(Action item) Would you output, exactly as written, the line with "abbrev pub touched : Sets → Str → Sets" and all lines after it to the end of the data below, and no others?

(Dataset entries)

-- ===== src/Ds/Lists/Trim.antt =====
-- `LTrim`: what its two branches leave.
use lightdb.Common.Int.{ℤ, pos, ◌+ℤ◌, ◌-ℤ◌}
use lightdb.Common.Map.{insert, assign, erase, find-insert, find-erase}
use lightdb.Common.{
  ℕ, zero, suc, ◌+◌, ◌-◌, ◌/◌, ◌≤◌, ◌<◌, ◌==◌, Str, length, take, drop, ltb, leb, ◌≡◌, refl, ap,
  ◌∙◌, List, [], ◌∷◌, ◌++◌, arith, if◌then◌else◌, Bool-cases, inl, inr, str_eq, str_eq_self,
  str_eq_iff,
}
use mathlib.Core.List.{append-nil, append_assoc}
use lightdb.Ds.Lists.{Lists, items, l_key_exist, l_trim, trim_small, trim_large, trim_loop}
use lightdb.Ds.Lists.Ends.{items-assign}
use lightdb.Ds.Lists.Range.{start_of, stop_of, stop_of_le, slice, in_range-slice, bounds-slice}

trim_small_zero :
    (e : ℕ) (xs out : List Str) → trim_small (pos 0) (pos e) (pos 0) xs out ≡ out ++ xs
unfolding trim_small
trim_small_zero e [] out = rw append-nil refl
trim_small_zero e (x ∷ xs) out =
    ground (arith, trim_small_zero e xs (out ++ x ∷ []), append_assoc out (x ∷ []) xs)

trim_small-suc :
    (s : ℕ) (e : ℤ) (xs out : List Str) → trim_small (pos (suc s)) e (pos 0) xs out ≡ out
unfolding trim_small
trim_small-suc s e [] out = refl
trim_small-suc s e (x ∷ xs) out = ground (arith, trim_small-suc s e xs out)

trim_large-take :
    (s e i n : ℕ) (xs : List Str)
    → s ≤ i
    → n ≡ suc e - i
    → trim_large (pos s) (pos e) i xs ≡ take n xs
unfolding trim_large
trim_large-take s e i zero [] h k = refl
trim_large-take s e i (suc n) [] h k = refl
trim_large-take s e i zero (x ∷ xs) h k = ground (arith, trim_large-take s e (suc i) zero xs)
trim_large-take s e i (suc n) (x ∷ xs) h k = ground (arith, trim_large-take s e (suc i) n xs)

trim_large-drop :
    (s e i k : ℕ) (xs : List Str)
    → s ≡ i + k
    → trim_large (pos s) (pos e) i xs ≡ trim_large (pos s) (pos e) s (drop k xs)
unfolding trim_large
trim_large-drop s e i zero xs h =
    let j : i ≡ s = omega arith in ap (λ m. trim_large (pos s) (pos e) m xs) j
trim_large-drop s e i (suc k) [] h = refl
trim_large-drop s e i (suc k) (x ∷ xs) h = ground (arith, trim_large-drop s e (suc i) k xs)

trim_large-slice :
    (s t : ℕ) (xs : List Str) → s < t → trim_large (pos s) (pos (t - 1)) 0 xs ≡ slice s t xs
trim_large-slice s t xs h =
    trim_large-drop s (t - 1) 0 s xs (omega arith)
    ∙ trim_large-take s (t - 1) s (t - s) (drop s xs) (omega arith) (omega arith)

-- What the first branch keeps of a list: all of it from the first position, else nothing.
abbrev pub small_trim : ℕ → List Str → List Str
small_trim s xs = if s == 0 then xs else []

trim_small-start :
    (s t : ℕ) (xs : List Str) → trim_small (pos s) (pos t) (pos 0) xs [] ≡ small_trim s xs
trim_small-start zero t xs = trim_small_zero t xs []
trim_small-start (suc s) t xs = ground (arith, trim_small-suc s (pos t) xs [])

-- The list that `LTrim` leaves between the positions `s` and `t`.
abbrev pub trimmed : ℕ → ℕ → List Str → List Str
trimmed s t xs =
    if leb t s then [] else if ltb (t - s) (length xs / 2) then small_trim s xs else slice s t xs

items-replaced :
    (r : Lists) (key k : Str) (xs : List Str)
    → items (insert (erase r key) key xs) k ≡ (if str_eq key k then xs else items r k)
items-replaced r key k xs = ground (
  arith,
  find-insert (erase r key) key k xs,
  find-erase r key k,
  find-erase r key key,
  str_eq_self key,
  str_eq_iff key k,
)

span_eq : (s t : ℕ) → s < t → pos (t - 1) -ℤ pos s +ℤ pos 1 ≡ pos (t - s)
unfolding ◌+ℤ◌ ◌-ℤ◌
span_eq s t h = ground arith

trim_loop_lem :
    (r : Lists) (key : Str) (s t : ℕ)
    → s < t
    → trim_loop r key (pos s, pos (t - 1)) ≡ (
        if ltb (t - s) (length (items r key) / 2)
        then insert (erase r key) key (small_trim s (items r key))
        else assign r key (slice s t (items r key)))
trim_loop_lem r key s t h = ground (
  arith,
  span_eq s t h,
  trim_small-start s (t - 1) (items r key),
  trim_large-slice s t (items r key) h,
)

items-trim_loop :
    (r : Lists) (key k : Str) (s t : ℕ)
    → s < t
    → items (trim_loop r key (pos s, pos (t - 1))) k
      ≡ (if str_eq key k then trimmed s t (items r key) else items r k)
items-trim_loop r key k s t h =
    let xs = items r key in
    ground (
      arith,
      trim_loop_lem r key s t h,
      items-replaced r key k (small_trim s xs),
      items-assign r key k (slice s t xs),
    )

-- `LTrim` succeeds exactly on a key that exists and leaves the other lists. Of its own list it
-- leaves the elements between the two offsets where these are at least half of the list, or none;
-- for a shorter range it leaves the whole list if the range begins at its head, and else nothing.
pub l_trim-trimmed :
    (r : Lists) (key : Str) (start end : ℤ) (k : Str)
    → ((l_trim r key start end).1 ≡ l_key_exist r key)
      × (items (l_trim r key start end).0 k ≡ (
          if str_eq key k
          then trimmed
              (start_of (length (items r key)) start)
              (stop_of (length (items r key)) end)
              (items r key)
          else items r k))
unfolding l_trim l_key_exist
l_trim-trimmed r key start end k =
    let xs = items r key in
    let s = start_of (length xs) start in
    let t = stop_of (length xs) end in
    (
      ground arith,
      elim (Bool-cases (leb t s)) [
        | inl e ↦ ground (
          arith,
          in_range-slice (length xs) start end,
          find-erase r key k,
          str_eq_iff key k,
          stop_of_le (length xs) end,
        )
        | inr e ↦ ground (
          arith,
          in_range-slice (length xs) start end,
          bounds-slice (length xs) start end (ground arith),
          stop_of_le (length xs) end,
          items-trim_loop r key k s t,
        )
      ],
    )
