-- ===== src/Ds/Sets.antt =====
-- ds/set/ds_set.h: the class `Set`. `record` maps a key to a map whose keys are the members; the
-- value 1 that the source stores beside each member is kept. `none` is undefined behaviour: the
-- first element of an empty map.
pub mod Members
pub mod Algebra
use lightdb.Common.Map.{Map, has, find_or, insert, assign, erase}
use lightdb.Common.{
  ℕ, Str, str_eq, str_lt, contains, length, Bool, true, false, Option, none, some, List, [], ◌∷◌,
  ◌++◌, if◌then◌else◌,
}

abbrev pub Sets : Type 0
Sets = Map (Map ℕ)

-- `record[key]`, where the key is present
abbrev pub members : Sets → Str → Map ℕ
members r key = find_or r key []

unfoldable pub s_key_exist : Sets → Str → Bool
s_key_exist r key = if has r key then true else false

abbrev pub with_set : Sets → Str → Sets
with_set r key = if s_key_exist r key then r else insert r key []

unfoldable pub s_add : Sets → Str → Str → Sets × ℕ
unfolding s_key_exist
s_add r key member =
    let r1 = with_set r key in
    let m = insert (members r1 key) member 1 in (assign r1 key m, length m)

abbrev pub shrunk : Sets → Str → Map ℕ → Sets
shrunk r key [] = erase (assign r key []) key
shrunk r key (e ∷ m) = assign r key (e ∷ m)

-- `begin()` of the map, and `erase` of it
unfoldable pub pop_begin : Sets → Str → Map ℕ → Option (Sets × Option Str)
pop_begin r key [] = none
pop_begin r key ((member, v) ∷ m) = some (shrunk r key m, some member)

unfoldable pub s_pop : Sets → Str → Option (Sets × Option Str)
unfolding s_key_exist pop_begin
s_pop r key = if s_key_exist r key then pop_begin r key (members r key) else some (r, none)

unfoldable pub s_card : Sets → Str → ℕ
unfolding s_key_exist
s_card r key = if s_key_exist r key then length (members r key) else 0

unfoldable pub s_is_member : Sets → Str → Str → Bool
unfolding s_key_exist
s_is_member r key member =
    if s_key_exist r key then (if has (members r key) member then true else false) else false

unfoldable pub s_rem : Sets → Str → Str → Sets × Bool
unfolding s_key_exist
s_rem r key member =
    if s_key_exist r key
    then (if has (members r key) member
        then (assign r key (erase (members r key) member), true)
        else (r, false))
    else (r, false)

unfoldable pub s_move : Sets → Str → Str → Str → Sets × Bool
unfolding s_key_exist
s_move r src dst member =
    if s_key_exist r src
    then (if has (members r src) member
        then (let r1 = assign r src (erase (members r src) member) in
            let r2 = with_set r1 dst in (assign r2 dst (insert (members r2 dst) member 1), true))
        else (r, false))
    else (r, false)

unfoldable pub push_members : Map ℕ → List Str → List Str
push_members [] vals = vals
push_members ((member, v) ∷ m) vals = push_members m (vals ++ member ∷ [])

unfoldable pub s_members : Sets → Str → List Str → Bool × List Str
unfolding s_key_exist push_members
s_members r key vals =
    if s_key_exist r key then (true, push_members (members r key) vals) else (false, vals)

-- `map[itj.first] = 1` for each member
unfoldable pub mark_all : Map ℕ → Map ℕ → Map ℕ
mark_all [] acc = acc
mark_all ((member, v) ∷ m) acc = mark_all m (assign acc member 1)

unfoldable pub union_loop : Sets → List Str → Map ℕ → Map ℕ
unfolding s_key_exist mark_all
union_loop r [] acc = acc
union_loop r (key ∷ keys) acc =
    union_loop r keys (if s_key_exist r key then mark_all (members r key) acc else acc)

unfoldable pub s_union : Sets → List Str → List Str → List Str
unfolding union_loop push_members
s_union r keys vals = push_members (union_loop r keys []) vals

-- `std::set<std::string>`: sorted, each string once
unfoldable pub set_insert : List Str → Str → List Str
set_insert [] x = x ∷ []
set_insert (y ∷ ys) x =
    if str_eq x y then y ∷ ys else if str_lt x y then x ∷ y ∷ ys else y ∷ set_insert ys x

unfoldable pub set_erase : List Str → Str → List Str
set_erase [] x = []
set_erase (y ∷ ys) x = let rest = set_erase ys x in if str_eq y x then rest else y ∷ rest

unfoldable pub collect : Map ℕ → List Str → List Str
unfolding set_insert
collect [] acc = acc
collect ((member, v) ∷ m) acc = collect m (set_insert acc member)

unfoldable pub remove_all : List Str → List Str → List Str
unfolding set_erase
remove_all [] acc = acc
remove_all (v ∷ vs) acc = remove_all vs (if contains acc v then set_erase acc v else acc)

-- `record[key1]` creates an empty set under a missing key.
abbrev pub touched : Sets → Str → Sets
touched r key = if has r key then r else assign r key []

unfoldable pub s_diff : Sets → Str → List Str → List Str → Sets × List Str
unfolding s_union collect remove_all
s_diff r key1 succ_keys vals =
    let r1 = touched r key1 in
    let to_ret = collect (members r key1) [] in
    (r1, vals ++ remove_all (s_union r1 succ_keys []) to_ret)

unfoldable pub s_clear : Sets → Str → Sets × ℕ
unfolding s_key_exist
s_clear r key = if s_key_exist r key then (erase r key, length (members r key)) else (r, 0)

(Response area)
abbrev pub touched : Sets → Str → Sets
touched r key = if has r key then r else assign r key []

unfoldable pub s_diff : Sets → Str → List Str → List Str → Sets × List Str
unfolding s_union collect remove_all
s_diff r key1 succ_keys vals =
    let r1 = touched r key1 in
    let to_ret = collect (members r key1) [] in
    (r1, vals ++ remove_all (s_union r1 succ_keys []) to_ret)

unfoldable pub s_clear : Sets → Str → Sets × ℕ
unfolding s_key_exist
s_clear r key = if s_key_exist r key then (erase r key, length (members r key)) else (r, 0)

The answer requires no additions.